WHAT THIS TASK INVOLVES » Wherever a line below holds the word "bbolt", copy that line.
-- PROVIDED INFORMATION follows --
-- ===== src/Prelude/Results.antt =====
-- Rust's `Result` joined with the panic that aborts a task: `ok`, `err` and `panic`.
use Prim.Native.Nat.{suc, zero, ℕ}
use Prim.Native.String.{String}
use mathlib.Core.List.{List, [], ◌∷◌}
use mathlib.Core.Logic.{inl, inr, ◌≢◌, ◌⊎◌}
use mathlib.Core.Option.{Option, none, some}
use mathlib.Core.Path.{refl, ◌≡◌}
use itihas.Prelude.Lists.{All}

pub data Result {ℓ} (E : Type 0) (A : Type ℓ) : Type ℓ where
  ok : A → Result E A
  err : E → Result E A
  panic : Result E A

-- `?`, which passes on an error and a panic.
infixl 5 ◌>>=◌
abbrev pub ◌>>=◌ {ℓ κ} :
    {E : Type 0} {A : Type ℓ} {B : Type κ} → Result E A → (A → Result E B) → Result E B
ok a >>= f = f a
err e >>= f = err e
panic >>= f = panic

infixl 5 ◌>>◌
abbrev pub ◌>>◌ {ℓ} : {E : Type 0} {B : Type ℓ} → Result E (Unit {0}) → Result E B → Result E B
m >> k = m >>= λ _. k

module _ {ℓ} {E : Type 0} {A : Type ℓ} where
  -- `Option::ok_or`
  abbrev pub ok_or : Option A → E → Result E A
  ok_or none e = err e
  ok_or (some a) e = ok a

  -- `Option::unwrap`
  abbrev pub unwrap : Option A → Result E A
  unwrap none = panic
  unwrap (some a) = ok a

  -- A fallible call of another crate, given by the text of its error, under `map_err`.
  abbrev pub map_err : String ⊎ A → (String → E) → Result E A
  map_err (inl text) f = err (f text)
  map_err (inr a) f = ok a

  -- `slice[i]`, which panics out of range.
  abbrev pub index : List A → ℕ → Result E A
  index [] i = panic
  index (x ∷ xs) zero = ok x
  index (x ∷ xs) (suc i) = index xs i

-- `iter().map(f).collect::<Result<Vec<_>, _>>()`, which stops at the first error.
module _ {ℓ κ} {E : Type 0} {A : Type ℓ} {B : Type κ} (f : A → Result E B) where
  abbrev pub traverse : List A → Result E (List B)
  traverse [] = ok []
  traverse (x ∷ xs) = f x >>= λ y. traverse xs >>= λ ys. ok (y ∷ ys)

-- Where a bind succeeds, so did its first part, and the rest ran on the value of it.
pub >>=-eq-ok {ℓ κ} :
    {E : Type 0} {A : Type ℓ} {B : Type κ} (first : Result E A) (rest : A → Result E B) {r : B}
    → (first >>= rest) ≡ ok r
    → (x : A) × (first ≡ ok x) × (rest x ≡ ok r)
>>=-eq-ok panic rest e = cc
>>=-eq-ok (err failure) rest e = cc
>>=-eq-ok (ok x) rest e = (x, refl, e)

-- A bind does not panic if neither part does.
pub >>=-ne-panic {ℓ κ} :
    {E : Type 0} {A : Type ℓ} {B : Type κ} (m : Result E A) (f : A → Result E B)
    → m ≢ panic
    → ((a : A) → m ≡ ok a → f a ≢ panic)
    → (m >>= f) ≢ panic
>>=-ne-panic (ok a) f h k = k a refl
>>=-ne-panic (err e) f h k = λ p. cc
>>=-ne-panic panic f h k = λ p. h refl

pub Result-cases {ℓ} :
    {E : Type 0} {A : Type ℓ} (r : Result E A)
    → ((a : A) × (r ≡ ok a)) ⊎ ((e : E) × (r ≡ err e)) ⊎ (r ≡ panic)
Result-cases (ok a) = inl (a, refl)
Result-cases (err e) = inr (inl (e, refl))
Result-cases panic = inr (inr refl)

module _ {ℓ κ} {E : Type 0} {A : Type ℓ} {B : Type κ} (f : A → Result E B) where
  pub traverse-cons-eq-ok :
      (x : A) (xs : List A) {r : List B}
      → traverse f (x ∷ xs) ≡ ok r
      → (y : B) × (ys : List B) × (f x ≡ ok y) × (traverse f xs ≡ ok ys) × (r ≡ y ∷ ys)
  traverse-cons-eq-ok x xs h =
      let (y, hy, h1) = >>=-eq-ok (f x) _ h in
      let (ys, hys, h2) = >>=-eq-ok (traverse f xs) _ h1 in (y, ys, hy, hys, cc)

  pub traverse-ne-panic-All : (xs : List A) → All (λ x. f x ≢ panic) xs → traverse f xs ≢ panic
  traverse-ne-panic-All [] h = λ p. cc
  traverse-ne-panic-All (x ∷ xs) h =
      >>=-ne-panic (f x) _ h.0
        λ y _. >>=-ne-panic (traverse f xs) _ (traverse-ne-panic-All xs h.1) (λ ys _ p. cc)

  pub traverse-ne-panic : ((x : A) → f x ≢ panic) → (xs : List A) → traverse f xs ≢ panic
  traverse-ne-panic h [] = λ p. cc
  traverse-ne-panic h (x ∷ xs) =
      >>=-ne-panic (f x) _ (h x)
        λ y _. >>=-ne-panic (traverse f xs) _ (traverse-ne-panic h xs) (λ ys _ p. cc)

pub ok-injective {ℓ} :
    {E : Type 0} {A : Type ℓ} {a b : A} → ◌≡◌ {A = Result E A} (ok a) (ok b) → a ≡ b
ok-injective h = cc

module _ {ℓ} {E : Type 0} {A : Type ℓ} where
  pub ok_or-ne-panic : (o : Option A) (e : E) → ok_or o e ≢ panic
  ok_or-ne-panic none e = λ p. cc
  ok_or-ne-panic (some a) e = λ p. cc

  pub map_err-ne-panic : (r : String ⊎ A) (f : String → E) → map_err r f ≢ panic
  map_err-ne-panic (inl text) f = λ p. cc
  map_err-ne-panic (inr a) f = λ p. cc

  pub ok_or-eq-ok : (o : Option A) (e : E) {a : A} → ok_or o e ≡ ok a → o ≡ some a
  ok_or-eq-ok none e h = cc
  ok_or-eq-ok (some a) e h = cc

  pub map_err-eq-ok : (r : String ⊎ A) (f : String → E) {a : A} → map_err r f ≡ ok a → r ≡ inr a
  map_err-eq-ok (inl text) f h = cc
  map_err-eq-ok (inr a) f h = cc
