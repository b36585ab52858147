-- ===== src/Prelude/Text.antt =====
-- Rust strings as native texts: equality is decided by the library's test.
use Prim.Native.String.{String, ◌++◌}
use Prim.Native.Nat.{ℕ}
use mathlib.Core.List.{List}
use mathlib.Core.Logic.{inl, inr}
use text.Mathlib.Text.{◌==◌ as str_eq}
use text.Mathlib.TextEquality.{eq_iff}
use Prim.Native.Char.{Char, code}
use mathlib.Core.Option.{Option, none, some}
use text.Mathlib.TextBridge.{of_list, to_list}
use itihas.Prelude.Lists.{filter_map}
use itihas.Prelude.Tests.{Bool-cases, if◌then◌else◌, ◌==◌}

-- `Vec<u8>`
abbrev pub Bytes : Type 0
Bytes = List ℕ

unfoldable pub String-discrete : Discrete String
unfolding Bool-cases
String-discrete a b = elim (Bool-cases (str_eq a b)) [
  | inl same ↦ yes ((eq_iff a b).0 same)
  | inr other ↦ no (λ p. cc ((eq_iff a b).1 p))
]

-- `format!("{}{}", a, b)`
unfoldable pub text_append : String → String → String
text_append a b = a ++ b

abbrev keep_char : Char → Option Char
keep_char c = if code c == 0 then none else some c

-- `replace('\0', "")`
unfoldable pub remove_nul : String → String
remove_nul s = of_list (filter_map keep_char (to_list s))
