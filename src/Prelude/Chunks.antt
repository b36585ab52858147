-- ===== src/Prelude/Chunks.antt =====
-- Slices cut into chunks.
use Prim.Native.Nat.{suc, zero, ℕ, ◌-◌, ◌<◌, ◌≤◌}
use mathlib.Core.List.{List, [], ◌∷◌, ◌++◌}
use mathlib.Core.Path.{◌≡◌, ap, refl}
use native.Mathlib.Omega.{arith}
use itihas.Prelude.Lists.{All, All-append_left, All-append_right, length}

-- `flatten` of a list of lists.
abbrev pub concat {ℓ} : {A : Type ℓ} → List (List A) → List A
concat [] = []
concat (xs ∷ xss) = xs ++ concat xss

pub All-of_concat {ℓ κ} :
    {A : Type ℓ} (P : A → Type κ) (xss : List (List A)) → All P (concat xss) → All (All P) xss
All-of_concat P [] h = tt
All-of_concat P (xs ∷ xss) h = (
  All-append_left P xs (concat xss) h,
  All-of_concat P xss (All-append_right P xs (concat xss) h),
)

module _ {ℓ} {A : Type ℓ} (size : ℕ) where
  -- What of a list goes into the open chunk, which has this room left, and the chunks after it.
  unfoldable pub fill : ℕ → List A → List A × List (List A)
  fill room [] = ([], [])
  fill zero (x ∷ xs) = let (chunk, chunks) = fill (size - 1) xs in ([], (x ∷ chunk) ∷ chunks)
  fill (suc room) (x ∷ xs) = let (chunk, chunks) = fill room xs in (x ∷ chunk, chunks)

  -- `slice::chunks`
  unfoldable pub chunks : List A → List (List A)
  unfolding fill
  chunks xs = (fill 0 xs).1

  -- A chunk is not empty, and no longer than the size.
  abbrev pub IsChunk : List A → Type 0
  IsChunk chunk = (0 < length chunk) × (length chunk ≤ size)

  fill-concat : (room : ℕ) (xs : List A) → (fill room xs).0 ++ concat (fill room xs).1 ≡ xs
  unfolding fill
  fill-concat zero [] = refl
  fill-concat (suc room) [] = refl
  fill-concat zero (x ∷ xs) = ap (λ rest. x ∷ rest) (fill-concat (size - 1) xs)
  fill-concat (suc room) (x ∷ xs) = ap (λ rest. x ∷ rest) (fill-concat room xs)

  fill-IsChunk :
      (room : ℕ) (xs : List A)
      → 0 < size
      → (length (fill room xs).0 ≤ room) × All IsChunk (fill room xs).1
  unfolding fill
  fill-IsChunk zero [] h = (omega arith, tt)
  fill-IsChunk (suc room) [] h = (omega arith, tt)
  fill-IsChunk zero (x ∷ xs) h =
      let (short, rest) = fill-IsChunk (size - 1) xs h in
      (omega arith, ((omega arith, omega arith), rest))
  fill-IsChunk (suc room) (x ∷ xs) h =
      let (short, rest) = fill-IsChunk room xs h in (omega arith, rest)

  -- The empty list at the front is no part of the result.
  fill-zero : (xs : List A) → (fill 0 xs).0 ≡ []
  unfolding fill
  fill-zero [] = refl
  fill-zero (x ∷ xs) = refl

  pub chunks-concat : (xs : List A) → concat (chunks xs) ≡ xs
  unfolding chunks fill
  chunks-concat [] = refl
  chunks-concat (x ∷ xs) = fill-concat 0 (x ∷ xs)

  pub chunks-IsChunk : (xs : List A) → 0 < size → All IsChunk (chunks xs)
  unfolding chunks
  chunks-IsChunk xs h = (fill-IsChunk 0 xs h).1
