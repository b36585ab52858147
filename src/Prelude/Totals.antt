-- ===== src/Prelude/Totals.antt =====
-- The total of a weight over a list, by which lists are compared as bags: two lists with the same
-- total for every weight hold the same elements equally often.
use Prim.Native.Nat.{ℕ, ◌+◌, ◌<◌}
use mathlib.Core.List.Perm
use mathlib.Core.List.{Perm, perm_middle, List, [], ◌∷◌, ◌++◌, Permᴰ, map}
use mathlib.Core.Logic.{if_neg, if_pos, ite}
use mathlib.Core.Path.{◌≡◌, ap, refl, ◌∙◌}
use native.Mathlib.Omega.{arith}
use itihas.Prelude.Chunks.{concat}

module _ {ℓ} {A : Type ℓ} (weight : A → ℕ) where
  abbrev pub total : List A → ℕ
  total [] = 0
  total (x ∷ xs) = weight x + total xs

  pub total-append : (xs ys : List A) → total (xs ++ ys) ≡ total xs + total ys
  total-append [] ys = omega arith
  total-append (x ∷ xs) ys = omega (arith, total-append xs ys)

  pub total-Permᴰ : {xs ys : List A} → Permᴰ xs ys → total xs ≡ total ys
  total-Permᴰ Permᴰ.nil = refl
  total-Permᴰ (Permᴰ.cons e p) = rw (e, total-Permᴰ p)
  total-Permᴰ (Permᴰ.swap {a} {b} {a'} {b'} {l} e f) = rw (e, f) (omega arith)
  total-Permᴰ (Permᴰ.trans p q) = total-Permᴰ p ∙ total-Permᴰ q

pub total-concat {ℓ} :
    {A : Type ℓ} (weight : A → ℕ) (xss : List (List A))
    → total weight (concat xss) ≡ total (total weight) xss
total-concat weight [] = refl
total-concat weight (xs ∷ xss) =
    omega (arith, total-append weight xs (concat xss), total-concat weight xss)

pub total-map {ℓ κ} :
    {A : Type ℓ} {B : Type κ} (weight : B → ℕ) (f : A → B) (xs : List A)
    → total weight (map f xs) ≡ total (λ x. weight (f x)) xs
total-map weight f [] = refl
total-map weight f (x ∷ xs) = ap (λ rest. weight (f x) + rest) (total-map weight f xs)

module _ {A : Type 0} (same : Discrete A) where
  abbrev indicator : A → A → ℕ
  indicator x y = ite (same x y) 1 0

  found :
      (x : A) (ys : List A)
      → 0 < total (indicator x) ys
      → (left : List A) × (right : List A) × (ys ≡ left ++ x ∷ right)
  found x [] h = absurd (omega arith)
  found x (y ∷ ys) h = elim (same x y) [
    | yes e ↦ ([], ys, rw e)
    | no other ↦
        let none_here = if_neg {C = ℕ} (same x y) other 1 0 in
        let (left, right, e) = found x ys (omega (arith, h, none_here)) in
        (y ∷ left, right, ap (λ rest. y ∷ rest) e)
  ]

  without :
      (weight : A → ℕ) (x : A) (xs ys left right : List A)
      → ys ≡ left ++ x ∷ right
      → total weight (x ∷ xs) ≡ total weight ys
      → total weight xs ≡ total weight (left ++ right)
  without weight x xs ys left right e h = omega (
    arith,
    h,
    ap (total weight) e,
    total-append weight left (x ∷ right),
    total-append weight left right,
  )

  -- Lists that weigh the same by every weight are permutations of each other.
  pub Perm-of_totals :
      (xs ys : List A) → ((weight : A → ℕ) → total weight xs ≡ total weight ys) → Perm xs ys
  Perm-of_totals [] [] h = Perm.nil
  Perm-of_totals [] (y ∷ ys) h = absurd (omega (arith, h (λ _. 1)))
  Perm-of_totals (x ∷ xs) ys h =
      let here = if_pos {C = ℕ} (same x x) refl 1 0 in
      let (left, right, e) = found x ys (omega (arith, h (indicator x), here)) in
      let rest =
        Perm-of_totals xs (left ++ right)
          (λ weight. without weight x xs ys left right e (h weight)) in
      rw e (Perm.trans (Perm.cons x rest) (Perm.symm (perm_middle left right)))
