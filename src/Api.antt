-- ===== src/Api.antt =====
-- The crate `api`: api/src/error.rs, and the data of api/src/db.rs and api/src/spec/mod.rs.
-- `Date` is chrono's `NaiveDate`; a date and time in UTC stands for its seconds since the epoch.
-- `Encoded` and its functions come from the crates solana_sdk, bs58 and chrono.
pub mod Requests
pub mod Query
pub mod Handler
pub mod Server
pub mod Main
pub mod Tests
use itihas.Prelude.{Bool, Bytes, Option, Result, String, err, false, ok, true, ℕ, ℤ}

pub data ApiError : Type 0 where
  pagination_exceeded_error pagination_empty_error pagination_error : ApiError
  offset_limit_exceeded_error : ApiError
  server_start_error pubkey_validation_error configuration_error database_error : String → ApiError
  transaction_not_found invalid_date invalid_input : String → ApiError

-- What the crate takes from chrono, solana_sdk and bs58. A failure whose error is dropped is `none`.
pub record Crates (Date : Type 0) : Type 0 where
  pub parse_from_str : String → String → Option Date
  pub format : Date → String → String
  pub and_hms_opt : Date → ℕ → ℕ → ℕ → Option ℤ
  pub pubkey_from_str : String → Option Bytes
  pub bs58_encode : Bytes → String

abbrev pub date_format : String
date_format = "%d/%m/%Y"

pub record PageOptions (Date : Type 0) : Type 0 where
  pub limit : ℕ
  pub page : Option ℕ
  pub before : Option Date
  pub after : Option Date

pub data Pagination (Date : Type 0) : Type 0 where
  keyset : Option Date → Option Date → Pagination Date
  by_page : ℕ → Pagination Date

-- `if cond { return Err(error) }`
abbrev pub fail_if : Bool → ApiError → Result ApiError (Unit {0})
fail_if true e = err e
fail_if false e = ok tt
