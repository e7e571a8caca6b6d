-- ===== src/Lib.antt =====
-- The core of the MRMI gateway (Go): a node takes envelopes from clients and peers, keeps every key
-- from being processed twice, decides by its policy, writes each decision to a hash-chained log, and
-- forwards what is allowed to a peer.
--
-- The parts, and the files that model them:
--   Config, Config.Validate, Config.Presets, Config.Toml: internal/config/config.go and presets.go, the
--     records, `Config.Validate`, `DefaultConfigForProfile`, and in Config.Toml.Apply how a decoded
--     file overrides a configuration (`rawTOML.apply`, `Load`)
--   Schema, Schema.Window: internal/schema, `Normalize`, `parseTOD`, `IsInWindow`, `NextOpen`
--   Dedup: internal/dedup/index.go, the sharded index of keys (`SeenOrAdd`, `SeenOrAddWithTTL`,
--     `Purge`, `Len`)
--   Crl: internal/crl/store.go, revocations (`Revoke`, `IsRevoked`, `Merge`, `Entries`)
--   Policy: internal/policy/engine.go, `Evaluate` with its guards, `EvaluateDiscovery`, `Reload`;
--     Policy.Loaded joins it with the configuration that `Load` makes of a file
--   Audit: internal/audit/log.go, `Append`, `AppendFinality`, `Recent`, `Verify`, `VerifyFile`
--   Session: internal/session/tracker.go, sequence numbers
--   Transit: internal/transit/cache.go, the bounded relay buffer
--   Delivery.Dlq, Delivery.Retry, Delivery.Forwarder: internal/delivery/dlq.go, retry.go and
--     forwarder.go, the dead-letter queue, the backoff loop and the choice of peers
--   Envelope, Gateway: internal/core/gateway.go, `SendEnvelope`, `applyPadding`, `applyJitter` and
--     `GetNodeInfo`
--   Token: internal/token/store.go, discovery tokens under their hashes
--   Connect: internal/connect/resolver.go, connection requests
--   Peers: internal/peerdiscovery/registry.go and internal/peercache/cache.go, the peers that gossip
--     has told of and their root hashes
--   RateLimit: internal/ratelimit/tokenbucket.go, `Allow` and the clean-up
--   TrustDecay: internal/trustdecay/timer.go, `RecordValidation` and `EffectiveTier`
--   Discovery: internal/discovery/broadcaster.go, `Broadcast`
--   Registry: internal/registry/registry.go, `Discover` and `Connect` for the node's app users
--   Inbox: internal/inbox/inbox.go, `Subscribe`, `Unsubscribe` and `Publish`
--   Identity: internal/identity/identity.go, what is signed, and `Verify`
--   Transport: internal/transport/grpc, the handlers of adapter.go (Transport.Envelopes, .Handshake,
--     .Exchange, .Search) and the pool of connpool.go (Transport.Pool)
--   Server: internal/server/http.go, `checkAuth` with its wrappers, and the endpoints by what they
--     work on (Server.Queue, .Stores, .Adapters, .Tokens, .Revocation)
--   Store: internal/store/bbolt/store.go, the backend of a node over buckets of a database
--   Dummy: internal/dummy/generator.go, the envelopes of a tick
--   Hotreload: internal/hotreload/watcher.go, a poll of the configuration file
--   App: internal/app/app.go, the function that sends to a peer (App.Link), the ticks of
--     `runTransitRetry` (App.Background), `runPeerGossip` and `runGossip` (App.Gossip), and the
--     callbacks for allowed envelopes and for new configurations (App.Reload)
--   Prelude: Boolean tests, lists, signed integers, Go maps and Go's `strings` package
--   Samples and the Examples modules: concrete data, and the theorems at it
--
-- `Gateway.send_envelope` composes them as the code does: `Schema.normalize`, then the dummy branch,
-- `Dedup`, `Policy.evaluate` (which asks `Crl` and appends to `Audit`), and the forwarder, an
-- interface that `Delivery.Forwarder.forward` has the shape of. `Transport.Envelopes.send` and
-- `Server.Queue.post_envelope` call it; `Server.Queue.replay` sends a letter of the forwarder's own
-- queue, which it reaches through the forwarder's state. `Transport.Search.broadcast_discovery`
-- composes `RateLimit`, `Policy`, `Discovery` and `Token`; `Transport.Handshake.connect` composes
-- `Token` and `Connect`; `Transport.Exchange.receive` calls `Peers`. `App.Link.send_to_peer` is the transport
-- of the forwarder: it numbers with `Session`, signs what `Identity` encodes, and calls the peer's handler,
-- which is `Transport.Envelopes.send`. `App.Background.transit_tick` moves what `Transit` drains to the
-- queue; `App.Reload` joins `Hotreload`, `Config.Toml.Apply.load` and `Policy.reload`.
--
-- State is passed explicitly; a method is a function from the old state to the answer and the new
-- state. A method that holds its mutex from start to end (`SeenOrAdd` on the shard of its key, and the
-- calls of the dead-letter queue, the transit cache and the token store) is one step, so interleavings
-- of such calls are sequences of them. Others release a lock on the way or take none: `Purge` goes
-- from shard to shard, `Merge` locks for each signature, `Log.appendEntry` tells the backend after it
-- has released the mutex of the chain, and `Gateway.SendEnvelope` and `gatewayAdapter.Connect` take no
-- lock across their steps. These are modelled from start to end, one call after the other (`run` in
-- Dedup.Window, Audit.Chain and Gateway.Resend); what calls that overlap can do is not modelled. A
-- call of `ConnPool.Client` is two steps with a dial in between, so the pool is a step relation
-- (Transport.Pool) over the calls in flight, and there calls do overlap.
--
-- Parameters, for what is not in the repository: the hashes (JSON and SHA-256, FNV), random tokens, the
-- zone database, the backend of the log, the buckets of bbolt, the transport and the peers' clients,
-- Ed25519, the JWT library, base64, float64, the text of a number, the clock and timers. Each reading
-- of the clock is an argument or a call of an interface. No property assumes anything of them but what
-- its statement says.
--
-- Bounds: sequence numbers are uint64 and `padded_to` is uint32, with their wrap-around; the product
-- that gives the iso20022 window and the products that give a file's durations wrap as int64, the
-- inbox's identifiers as uint64; other durations, counters and instants are unbounded integers. There
-- is no fuel: the loops run over lists, and the backoff loop over the attempts that are left.
--
-- Not modelled: JSON, TOML and protobuf encoding, the routes and headers of the HTTP server and its
-- endpoints that only report (status, the audit answers, the list of adapters, the configuration
-- endpoints, the event stream), the registration and the clients of gRPC, the redis backend, key
-- material and TLS, the order in which the application builds and stops its parts, the metrics, the
-- webhook and the command-line tools, which are input and output around library calls. `Run` of the
-- trust timer only logs. Case mapping is that of ASCII.
pub mod Prelude
pub mod Config
pub mod Crl
pub mod Session
pub mod Gateway
pub mod Delivery
pub mod Envelope
pub mod Transit
pub mod Policy
pub mod Audit
pub mod Dedup
pub mod Schema
pub mod Samples
pub mod Token
pub mod Connect
pub mod Peers
pub mod RateLimit
pub mod Discovery
pub mod Identity
pub mod Transport
pub mod Registry
pub mod Server
pub mod TrustDecay
pub mod Inbox
pub mod App
pub mod Hotreload
pub mod Store
pub mod Dummy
-- PROVIDED INFORMATION concluded --
EXERCISE SOLUTION »
--   Store: internal/store/bbolt/store.go, the backend of a node over buckets of a database
-- zone database, the backend of the log, the buckets of bbolt, the transport and the peers' clients,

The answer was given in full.